These restrictions motivate thinning methods, which have the goal to reduce the large satellite data sets and to retrieve the essential information content of the data for optimal use in data assimilation. In this work we devise two algorithms that are inspired by data simplification methods in vector quantization and computer graphics.
In the first thinning method, we follow the concept of data clustering, which was developed to partition a given data set into a number of groups (clusters), each of which contains data elements that are similar with respect to some distance measure. Each cluster contains a representative element, which serves as approximation of all elements in the cluster. Our method starts by assigning the complete data set to one cluster, which is then hierarchically split until all clusters satisfy an accuracy constraint. This procedure is completed by so-called Lloyd-iterations, in which cluster centers are reassigned in order to improve the approximation quality.

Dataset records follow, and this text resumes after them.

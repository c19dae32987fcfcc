-- ===== src/Syncing/Restore.antt =====
-- The claim is swapped and saved, the StatefulSet comes back, and the handler goes on.
use mathlib.Core.List.{Memᴰ}
use migcontroller.Prelude.{
  String, refl, sym, subst, Option, none, some, Bool, true, false, List, ◌∷◌, ◌++◌,
}
use migcontroller.Prelude.Dict.{lookup}
use migcontroller.Prelude.Int32.{Int32}
use migcontroller.Objects.{
  GoError, ok, err, is_not_found, is_already_exists, Pvc, StatefulSet, new_error,
}
use migcontroller.VolumeResize.{
  VolumeResize, VolumePhase, vol_synced, vol_completed, config_map_key_sts_spec,
}
use migcontroller.Call.{Lib, now}
use migcontroller.Prog.{Prog, Log, ret, stop, panic, ask, ◌>>=◌, attempt, expect}
use migcontroller.Prog.Safe.{
  Spec, Safe, Extends, Has-Extends, Safe-bind, Safe-on_error, Safe-if, Safe-attempt, Safe-try, OnOk,
}
use migcontroller.Status.{update_volume_status, get_next_volume_replica}
use migcontroller.Pvc.{replace_pvc}
use migcontroller.Sts.{get_sts_from_backup_config_map, recreate_sts}
use migcontroller.Controller.Results.{Outcome, save_status, requeue}
use migcontroller.Controller.Syncing.{
  swap_claims, resize_templates, create_resized, clear_deleted, restore_sts, await_pod, is_running,
  advance, mark_completed, mark_current,
}
use migcontroller.Bookkeeping.{any-already_completed}
use migcontroller.Syncing.Guard.{
  Target, IsOf, sync_spec, KeepsVolume, IsOver, IsSwapped, original_name, FollowsSyncing,
}
use migcontroller.Syncing.Claims.{fail-Safe}
use migcontroller.Syncing.Swap.{inner, IsCreated, replace_pvc-Safe}
use migcontroller.Syncing.Detach.{IsOf-SameTarget}

IsSwapped-Extends : (t : Target) {l m : Log} → IsSwapped t l → Extends l m → IsSwapped t m
IsSwapped-Extends t (p, stored, vr, saved, n, r, h, k, of, marked) x =
    (p, stored, vr, saved, n, r, Has-Extends h x, Has-Extends k x, of, marked)

update_volume_status-IsOf :
    {t : Target} {vr : VolumeResize} (vol_name : String) (replica : Int32) (phase : VolumePhase)
    (message : String)
    → IsOf t vr
    → IsOf t (update_volume_status vr vol_name replica phase message)
unfolding update_volume_status
update_volume_status-IsOf vol_name replica phase message of = record {
  namespace = of.namespace;
  name = of.name;
  sts_name = of.sts_name;
  in_syncing = of.in_syncing;
}

clear_deleted-IsOf : {t : Target} {vr : VolumeResize} → IsOf t vr → IsOf t (clear_deleted vr)
unfolding clear_deleted
clear_deleted-IsOf of = record {
  namespace = of.namespace;
  name = of.name;
  sts_name = of.sts_name;
  in_syncing = of.in_syncing;
}

module _ (lib : Lib) (t : Target) where
  pub swap_claims-Safe :
      (l : Log) (vr : VolumeResize)
      → IsOf t vr
      → KeepsVolume t.namespace (original_name t) l
      → IsOver t t.namespace l
      → Safe
          (sync_spec lib t)
          l
          (swap_claims vr t.vol t.vol.name t.replica)
          (λ l' v. IsOf t v × IsSwapped t l')
  unfolding swap_claims update_volume_status
  swap_claims-Safe l vr of kept over =
      let synced = update_volume_status vr t.vol.name t.replica vol_synced "Migration complete" in
      let of₁ = update_volume_status-IsOf t.vol.name t.replica vol_synced "Migration complete" of in
      let of₂ = update_volume_status-IsOf t.vol.name t.replica vol_completed "PVC replaced" of₁ in
      Safe-try (sync_spec lib t) l (replace_pvc synced t.vol t.replica) _ _ (λ l' _. IsCreated t l')
        _ (replace_pvc-Safe lib t l synced of₁ kept over) (λ l' e _. fail-Safe lib t l' synced _ _)
        (λ l₁ _ x₁ (p, stored, n, r, h). (
          subst FollowsSyncing (sym of₂.in_syncing) tt,
          elim [
            | err e ↦ λ _. tt
            | ok saved ↦ λ same_as. (
              IsOf-SameTarget of₂ same_as,
              (
                p,
                stored,
                update_volume_status synced t.vol.name t.replica vol_completed "PVC replaced",
                saved,
                n,
                r,
                Memᴰ.tail h,
                Memᴰ.head refl,
                of₂,
                any-already_completed t.vol.name t.replica "PVC replaced"
                    synced.status.volume_statuses,
              ),
            )
          ],
        ))

  get_backup-Safe :
      (l : Log) (namespace vr_name : String)
      → Safe
          (sync_spec lib t)
          l
          (get_sts_from_backup_config_map lib namespace vr_name)
          (λ _ r. OnOk r (λ _. Unit {0}))
  unfolding get_sts_from_backup_config_map
  get_backup-Safe l namespace vr_name = (
    tt,
    elim [
      | err e ↦ λ _. tt
      | ok cm ↦ λ _. from_key ((_, _) ∷ l) (lookup config_map_key_sts_spec cm.entries)
    ],
  )
    where
      read_key : Option String → Prog GoError StatefulSet
      read_key o = do
        json ← elim o [
          | some json ↦ ret json
          | none ↦
              stop (new_error ("backup ConfigMap missing " ++ (config_map_key_sts_spec ++ " key")))
        ]
        expect "failed to deserialize StatefulSet: " (lib.unmarshal json)

      from_key :
          (m : Log) (o : Option String)
          → Safe (sync_spec lib t) m (attempt (read_key o)) (λ _ r. OnOk r (λ _. Unit {0}))
      from_key m none = tt
      from_key m (some json) =
          Safe-attempt (sync_spec lib t) m (read_key (some json)) (λ _ r. OnOk r (λ _. Unit {0}))
            (Safe-on_error (inner lib t) m (lib.unmarshal json) _ _ (λ _ _. tt) (λ _ _. tt))

  create_resized-Safe :
      (l : Log) (vr : VolumeResize) (sts : StatefulSet) (templates : List Pvc)
      → IsSwapped t l
      → Safe (sync_spec lib t) l (create_resized vr sts templates) (λ _ _. Unit {0})
  unfolding create_resized recreate_sts
  create_resized-Safe l vr sts templates swapped = (
    swapped,
    elim [
      | ok u ↦ λ _. tt
      | err e ↦ λ _.
          Safe-if (sync_spec lib t) _ (is_already_exists e) _ _ _ (λ _. tt)
            (λ _. fail-Safe lib t _ vr _ _)
    ],
  )

  pub restore_sts-Safe :
      (l : Log) (vr : VolumeResize)
      → IsOf t vr
      → IsSwapped t l
      → Safe (sync_spec lib t) l (restore_sts lib vr) (λ _ v. IsOf t v)
  unfolding restore_sts
  restore_sts-Safe l vr of swapped =
      Safe-try s l (get_sts_from_backup_config_map lib _ _) _ _ (λ _ _. Unit {0}) _
        (get_backup-Safe l _ _) (λ l' e _. fail-Safe lib t l' vr _ _)
        (λ l₁ sts x₁ _.
          Safe-bind s l₁
            (create sts (resize_templates vr.spec.volumes sts.spec.volume_claim_templates)) _
            (λ _ _. Unit {0}) _
            (created l₁ sts (resize_templates vr.spec.volumes sts.spec.volume_claim_templates)
              (IsSwapped-Extends t swapped x₁))
            (λ l₂ _ x₂ _. (
              tt,
              elim [
                | err e ↦ λ _. tt
                | ok v ↦ λ same_as. IsOf-SameTarget (clear_deleted-IsOf of) same_as
              ],
            )))
    where
      s : Spec Outcome
      s = sync_spec lib t

      create : StatefulSet → Option (List Pvc) → Prog Outcome (Unit {0})
      create sts o = elim o [ none ↦ panic | some templates ↦ create_resized vr sts templates ]

      created :
          (m : Log) (sts : StatefulSet) (o : Option (List Pvc))
          → IsSwapped t m
          → Safe s m (create sts o) (λ _ _. Unit {0})
      created m sts none h = tt
      created m sts (some templates) h = create_resized-Safe m vr sts templates h

  pub await_pod-Safe :
      (l : Log) (vr : VolumeResize) (replica : Int32)
      → Safe (sync_spec lib t) l (await_pod vr replica) (λ _ _. Unit {0})
  unfolding await_pod
  await_pod-Safe l vr replica = (
    tt,
    elim [
      | err e ↦ λ _. Safe-if (sync_spec lib t) _ (is_not_found e) _ _ _ (λ _. tt) (λ _. tt)
      | ok pod ↦ λ _. Safe-if (sync_spec lib t) _ (is_running pod.phase) _ _ _ (λ _. tt) (λ _. tt)
    ],
  )

  pub advance-Safe :
      (l : Log) (vr : VolumeResize) (replica : Int32) (vol_name : String)
      → IsOf t vr
      → Safe (sync_spec lib t) l (advance vr replica vol_name) (λ _ _. Unit {0})
  unfolding advance
  advance-Safe l vr replica vol_name of = at (get_next_volume_replica vr replica vol_name)
    where
      go : Option (Int32 × String × Bool) → Prog Outcome Outcome
      go o = elim o [
        | none ↦ panic
        | some (next_replica, next_vol, done) ↦ elim done [
          | true ↦ do time ← ask now; save_status requeue (mark_completed vr time)
          | false ↦ save_status requeue (mark_current vr next_replica next_vol)
        ]
      ]

      at : (o : Option (Int32 × String × Bool)) → Safe (sync_spec lib t) l (go o) (λ _ _. Unit {0})
      at none = tt
      at (some (next_replica, next_vol, true)) =
          (tt, λ time _. (tt, elim [ ok v ↦ λ _. tt | err e ↦ λ _. tt ]))
      at (some (next_replica, next_vol, false)) =
          (subst FollowsSyncing (sym of.in_syncing) tt, elim [ ok v ↦ λ _. tt | err e ↦ λ _. tt ])
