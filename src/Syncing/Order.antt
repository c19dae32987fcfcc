-- ===== src/Syncing/Order.antt =====
-- The whole of handleSyncing: what stands before each of its destructive requests.
use migcontroller.Prelude.{
  String, ◌≡◌, refl, sym, subst, Option, none, some, Bool, true, false, [], ◌∷◌,
}
use migcontroller.Prelude.Int32.{Int32}
use migcontroller.VolumeResize.{VolumeResize, syncing}
use migcontroller.Call.{
  Call, Lib, vr_update_status, sts_create, sts_delete_orphan, pvc_delete, pod_create,
}
use migcontroller.Prog.{Prog, Log, Handler, run, panic}
use migcontroller.Prog.Safe.{Spec, Safe, Extends-trans, Safe-bind, Guarded, AllFair, run-Safe}
use migcontroller.Names.{get_original_pvc_name}
use migcontroller.Status.{find_target, already_completed}
use migcontroller.Controller.Results.{Outcome}
use migcontroller.Controller.Syncing.{
  prepare_volumes, mark_syncing, detach_sts, migrate, swap_claims, restore_sts, await_pod, advance,
  sync_volume, handle_syncing,
}
use migcontroller.Syncing.Guard.{
  Target, IsOf, sync_spec, SyncGuard, RetainGuard, MigratedGuard, BackupGuard, PodGuard, SwapGuard,
  PhaseGuard, FairUpdate, KeepsVolume, IsOver, IsSwapped, original_name,
}
use migcontroller.Syncing.Claims.{prepare_volumes-Safe, KeepsVolume-Extends}
use migcontroller.Syncing.Pods.{migrate-Safe}
use migcontroller.Syncing.Detach.{detach_sts-Safe}
use migcontroller.Syncing.Restore.{swap_claims-Safe, restore_sts-Safe, await_pod-Safe, advance-Safe}

-- the target of a run
abbrev pub target_of : VolumeResize → Int32 → Target
target_of vr replica = record {
  namespace = vr.meta.namespace;
  vr_name = vr.meta.name;
  sts_name = vr.spec.stateful_set_name;
  vol = find_target vr.status.current_volume vr.spec.volumes;
  replica = replica;
}

mark_syncing-IsOf :
    {t : Target} {vr : VolumeResize} (vol_name : String) (replica : Int32) (old_pv_name : String)
    → IsOf t vr
    → IsOf t (mark_syncing vr vol_name replica old_pv_name)
unfolding mark_syncing
mark_syncing-IsOf vol_name replica old_pv_name of = record {
  namespace = of.namespace;
  name = of.name;
  sts_name = of.sts_name;
  in_syncing = of.in_syncing;
}

module _ (lib : Lib) (vr : VolumeResize) (replica : Int32) where
  sync_volume-Safe :
      (l : Log)
      → vr.status.phase ≡ syncing
      → (find_target vr.status.current_volume vr.spec.volumes).name ≡ vr.status.current_volume
      → Safe
          (sync_spec lib (target_of vr replica))
          l
          (sync_volume lib vr replica vr.status.current_volume)
          (λ _ _. Unit {0})
  unfolding sync_volume
  sync_volume-Safe l phase named =
      Safe-bind s l (prepare_volumes vr t.vol vol_name replica) _
        (λ l' _. KeepsVolume t.namespace (get_original_pvc_name vol_name t.sts_name replica) l') _
        (prepare_volumes-Safe lib t l vr t.vol vol_name replica)
        (λ l₁ p x₁ kept.
          Safe-bind s l₁ (detach_sts lib (mark_syncing vr vol_name replica p.volume_name)) _
            (λ _ v. IsOf t v) _
            (detach_sts-Safe lib t l₁ (mark_syncing vr vol_name replica p.volume_name)
              (mark_syncing-IsOf vol_name replica p.volume_name own))
            (λ l₂ detached x₂ of.
              Safe-bind s l₂ (migrate detached t.vol vol_name replica) _
                (λ l' _. IsOver t t.namespace l') _
                (subst
                  (λ n.
                    Safe s l₂ (migrate detached t.vol n replica) (λ l' _. IsOver t t.namespace l'))
                  named (migrate-Safe lib t l₂ detached of))
                (λ l₃ _ x₃ over.
                  Safe-bind s l₃ (swap_claims detached t.vol vol_name replica) _
                    (λ l' v. IsOf t v × IsSwapped t l') _
                    (subst
                      (λ n.
                        Safe s l₃ (swap_claims detached t.vol n replica)
                          (λ l' v. IsOf t v × IsSwapped t l'))
                      named
                      (swap_claims-Safe lib t l₃ detached of
                        (KeepsVolume-Extends t.namespace (original_name t) (at_target l₁ kept)
                          (Extends-trans x₂ x₃))
                        over))
                    (λ l₄ swapped x₄ (of', done).
                      Safe-bind s l₄ (restore_sts lib swapped) _ (λ _ v. IsOf t v) _
                        (restore_sts-Safe lib t l₄ swapped of' done)
                        (λ l₅ restored x₅ of''.
                          Safe-bind s l₅ (await_pod restored replica) _ (λ _ _. Unit {0}) _
                            (await_pod-Safe lib t l₅ restored replica)
                            (λ l₆ _ x₆ _. advance-Safe lib t l₆ restored replica vol_name of''))))))
    where
      t : Target
      t = target_of vr replica

      s : Spec Outcome
      s = sync_spec lib (target_of vr replica)

      vol_name : String
      vol_name = vr.status.current_volume

      own : IsOf (target_of vr replica) vr
      own = record { namespace = refl; name = refl; sts_name = refl; in_syncing = phase }

      at_target :
          (m : Log)
          → KeepsVolume vr.meta.namespace
              (get_original_pvc_name vr.status.current_volume vr.spec.stateful_set_name replica)
              m
          → KeepsVolume vr.meta.namespace (original_name (target_of vr replica)) m
      at_target m h =
          subst
            (λ n.
              KeepsVolume vr.meta.namespace
                (get_original_pvc_name n vr.spec.stateful_set_name replica) m)
            (sym named) h

  pub handle_syncing-Safe :
      (l : Log)
      → vr.status.phase ≡ syncing
      → vr.status.current_replica ≡ some replica
      → (find_target vr.status.current_volume vr.spec.volumes).name ≡ vr.status.current_volume
      → Safe (sync_spec lib (target_of vr replica)) l (handle_syncing lib vr) (λ _ _. Unit {0})
  unfolding handle_syncing
  handle_syncing-Safe l phase current named =
      subst at_replica (sym current)
        (at_entry (already_completed vr.status.current_volume replica vr.status.volume_statuses))
    where
      s : Spec Outcome
      s = sync_spec lib (target_of vr replica)

      entry : Int32 → Bool → Prog Outcome Outcome
      entry r b = elim b [
        | true ↦ advance vr r vr.status.current_volume
        | false ↦ sync_volume lib vr r vr.status.current_volume
      ]

      at_replica : Option Int32 → Type 0
      at_replica o =
          Safe (sync_spec lib (target_of vr replica)) l
            (elim o [
              | none ↦ panic
              | some r ↦
                  entry r (already_completed vr.status.current_volume r vr.status.volume_statuses)
            ])
            (λ _ _. Unit {0})

      own : IsOf (target_of vr replica) vr
      own = record { namespace = refl; name = refl; sts_name = refl; in_syncing = phase }

      at_entry :
          (b : Bool)
          → Safe (sync_spec lib (target_of vr replica)) l (entry replica b) (λ _ _. Unit {0})
      at_entry true =
          advance-Safe lib (target_of vr replica) l vr replica vr.status.current_volume own
      at_entry false = sync_volume-Safe l phase named

-- A weaker guard holds in the same logs.
Guarded-mono :
    (g g' : Log → Call → Type 0)
    → ((l : Log) (c : Call) → g l c → g' l c)
    → (l : Log) → Guarded g l
    → Guarded g' l
Guarded-mono g g' weaken [] h = tt
Guarded-mono g g' weaken (e ∷ l) h = (weaken l e.0 h.0, Guarded-mono g g' weaken l h.1)

module _ (lib : Lib) (t : Target) where
  SyncGuard-Retain : (l : Log) (c : Call) → SyncGuard lib t l c → RetainGuard t l c
  SyncGuard-Retain l (pvc_delete namespace name) g = g.0
  SyncGuard-Retain l _ g = tt

  SyncGuard-Migrated : (l : Log) (c : Call) → SyncGuard lib t l c → MigratedGuard t l c
  SyncGuard-Migrated l (pvc_delete namespace name) g = g.1
  SyncGuard-Migrated l _ g = tt

  SyncGuard-Backup : (l : Log) (c : Call) → SyncGuard lib t l c → BackupGuard lib t l c
  SyncGuard-Backup l (sts_delete_orphan namespace name) g = g
  SyncGuard-Backup l _ g = tt

  SyncGuard-Pod : (l : Log) (c : Call) → SyncGuard lib t l c → PodGuard t l c
  SyncGuard-Pod l (pod_create pod) g = g
  SyncGuard-Pod l _ g = tt

  SyncGuard-Swap : (l : Log) (c : Call) → SyncGuard lib t l c → SwapGuard t l c
  SyncGuard-Swap l (sts_create sts) g = g
  SyncGuard-Swap l _ g = tt

  SyncGuard-Phase : (l : Log) (c : Call) → SyncGuard lib t l c → PhaseGuard l c
  SyncGuard-Phase l (vr_update_status vr) g = g
  SyncGuard-Phase l _ g = tt

module _ {W : Type 0} (h : Handler W) (lib : Lib) (vr : VolumeResize) (replica : Int32) (w : W)
    (phase : vr.status.phase ≡ syncing) (current : vr.status.current_replica ≡ some replica)
    (named : (find_target vr.status.current_volume vr.spec.volumes).name ≡ vr.status.current_volume)
    (fair : AllFair FairUpdate (run h (handle_syncing lib vr) w []).log) where
  handle_syncing-Guarded :
      Guarded (SyncGuard lib (target_of vr replica)) (run h (handle_syncing lib vr) w []).log
  handle_syncing-Guarded =
      (run-Safe h (sync_spec lib (target_of vr replica)) (handle_syncing lib vr) (λ _ _. Unit {0}) w
        [] fair (handle_syncing-Safe lib vr replica [] phase current named) tt).0

  -- In a run of handleSyncing in phase Syncing, on a replica and a volume of the spec, where
  -- updates of the VolumeResize answer with the name, spec and phase that were sent, a claim is
  -- deleted only after it was read as the original or the temporary claim of the volume and
  -- replica, and a volume that a read of that claim named was read as Retain or set to it.
  pub claims_deleted_retained :
      Guarded (RetainGuard (target_of vr replica)) (run h (handle_syncing lib vr) w []).log
  claims_deleted_retained =
      Guarded-mono _ _ (SyncGuard-Retain lib (target_of vr replica)) _ handle_syncing-Guarded

  -- In a run of handleSyncing in phase Syncing, on a replica and a volume of the spec, where
  -- updates of the VolumeResize answer with the name, spec and phase that were sent, a claim is
  -- deleted only after the migrator pod of the volume and replica was seen (created to copy from
  -- the original claim to the temporary one, or found under the migrator's name), and a later read
  -- under its name gave Succeeded, or failed, or gave a phase that is none of Pending, Running,
  -- Succeeded and Failed.
  pub claims_deleted_migrated :
      Guarded (MigratedGuard (target_of vr replica)) (run h (handle_syncing lib vr) w []).log
  claims_deleted_migrated =
      Guarded-mono _ _ (SyncGuard-Migrated lib (target_of vr replica)) _ handle_syncing-Guarded

  -- In a run of handleSyncing in phase Syncing, on a replica and a volume of the spec, where
  -- updates of the VolumeResize answer with the name, spec and phase that were sent, the
  -- StatefulSet is deleted only as it was read, and after its backup ConfigMap was found, or was
  -- created with its JSON text.
  pub sts_deleted_backed_up :
      Guarded (BackupGuard lib (target_of vr replica)) (run h (handle_syncing lib vr) w []).log
  sts_deleted_backed_up =
      Guarded-mono _ _ (SyncGuard-Backup lib (target_of vr replica)) _ handle_syncing-Guarded

  -- In a run of handleSyncing in phase Syncing, on a replica and a volume of the spec, where
  -- updates of the VolumeResize answer with the name, spec and phase that were sent, a pod is
  -- created only after a read of the replica's own pod found none.
  pub migrator_created_alone :
      Guarded (PodGuard (target_of vr replica)) (run h (handle_syncing lib vr) w []).log
  migrator_created_alone =
      Guarded-mono _ _ (SyncGuard-Pod lib (target_of vr replica)) _ handle_syncing-Guarded

  -- In a run of handleSyncing in phase Syncing, on a replica and a volume of the spec, where
  -- updates of the VolumeResize answer with the name, spec and phase that were sent, the
  -- StatefulSet is created only after a claim with the original name and the new size was created,
  -- and a status of the VolumeResize, still in Syncing, was saved that has an entry for the volume
  -- and replica exactly if it has one that is Completed.
  pub sts_created_swapped :
      Guarded (SwapGuard (target_of vr replica)) (run h (handle_syncing lib vr) w []).log
  sts_created_swapped =
      Guarded-mono _ _ (SyncGuard-Swap lib (target_of vr replica)) _ handle_syncing-Guarded

  -- In a run of handleSyncing in phase Syncing, on a replica and a volume of the spec, where
  -- updates of the VolumeResize answer with the name, spec and phase that were sent, the phases
  -- saved in the status are Syncing, Completed and Failed.
  pub syncing_phases : Guarded PhaseGuard (run h (handle_syncing lib vr) w []).log
  syncing_phases =
      Guarded-mono _ _ (SyncGuard-Phase lib (target_of vr replica)) _ handle_syncing-Guarded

The second thinning method is based on an estimation filter, which approximates measurement values by a continuous estimation function. We compute the normalized weighted sum of observations in a local neighborhood of a given location to estimate an observation at this location. Our method aims at finding a minimum of a global error function, which is defined by averaging the squared differences of the estimation function with respect to the full data set and the simplified one. This estimation function is used to define a redundancy measure for observational data. If replacing an observation by its local estimation leads to a sufficiently small change in the estimation function, the observation is supposed to be redundant.
In this work, we describe the positive performance and accuracy effects achieved by modifying the former implementation of the EEA algorithm , where we evaluated the estimation function at the observation locations and iteratively removed the observation leading to the least degradation in global estimation error until a certain number of retained observations was reached. Although this EEA implementation caused a slight improvement in scores of 27 subsequent forecasts with the global GME model compared to the operational thinning method, i.e. selecting every third point in zonal and meridional direction, the approach was suboptimal with respect to computing time and accuracy of the estimation function. Therefore, we extend the EEA concept in the present work by introducing new variants of implementations, which differ in methodological and performance aspects and improve the traditional approach. In the Grid-EEA algorithm, we propose to employ a regular grid on the globe to evaluate the estimation function. This approach is motivated by the fact that in most cases, the observations are distributed non-uniformly. The traditional EEA algorithm is based on evaluation of squared error differences at the positions of the observations of the original data set, which consequently leads to an over estimation of the error function in regions with increased data density. We apply the grid of the GME (global model) of the German Weather Service DWD which provides a near-uniform discretization of the sphere. Depending on the grid resolution, the Grid-EEA algorithm provides thinnings of varying accuracy at different run times.
While the EEA algorithm adopts the concept of iterative point removal, we propose another EEA concept, in which the observations are iteratively inserted, starting with the empty set. This approach is preferable in settings where only a small part of the original data set is retained, i.e. 10%, as it is the case with the satellite soundings in the assimilation process at the DWD. For these thinnings, the resulting number of insertion operations is consequently much smaller than the number of observation removal steps in the traditional EEA method, which makes the method faster and less sensitive to unavoidable inaccuracies, caused by each step. We show that this results in an improved accuracy compared to the approach of point removal when the number of retained observations is sufficiently small.
We finally focus on the problem of efficient implementation of the methods. The proposed EEA variants rely on iterative removal or insertion of observations, whereby each step leads to an increase or decrease of the global estimation error. We propose to organize all candidates for observation removal or insertion operations in efficient data structures, such as priority queues, which allow sorting the observations according to their redundancy degree. The removal or insertion of an observation corresponds to removing one element from the queue, followed by an updating procedure, in which the correct ordering of the observations is restored. This is mandatory since observations in a local neighborhood are affected by each single observation removal/insertion step. We propose two variants of this updating procedure and compare them with respect to accuracy and computational complexity. One of the updating variants leads to a significant speed-up, e.g., a data set of about 10^5 observations is processed in only four seconds compared to two minutes for the traditional approach , while the loss in accuracy is negligible.
 Ochotta, T., Gebhardt, C., Saupe, D., Wergen, W., Adaptive thinning of atmospheric observations in data assimilation with vector quantization and filtering methods, QJ of R. Met. Soc., in press.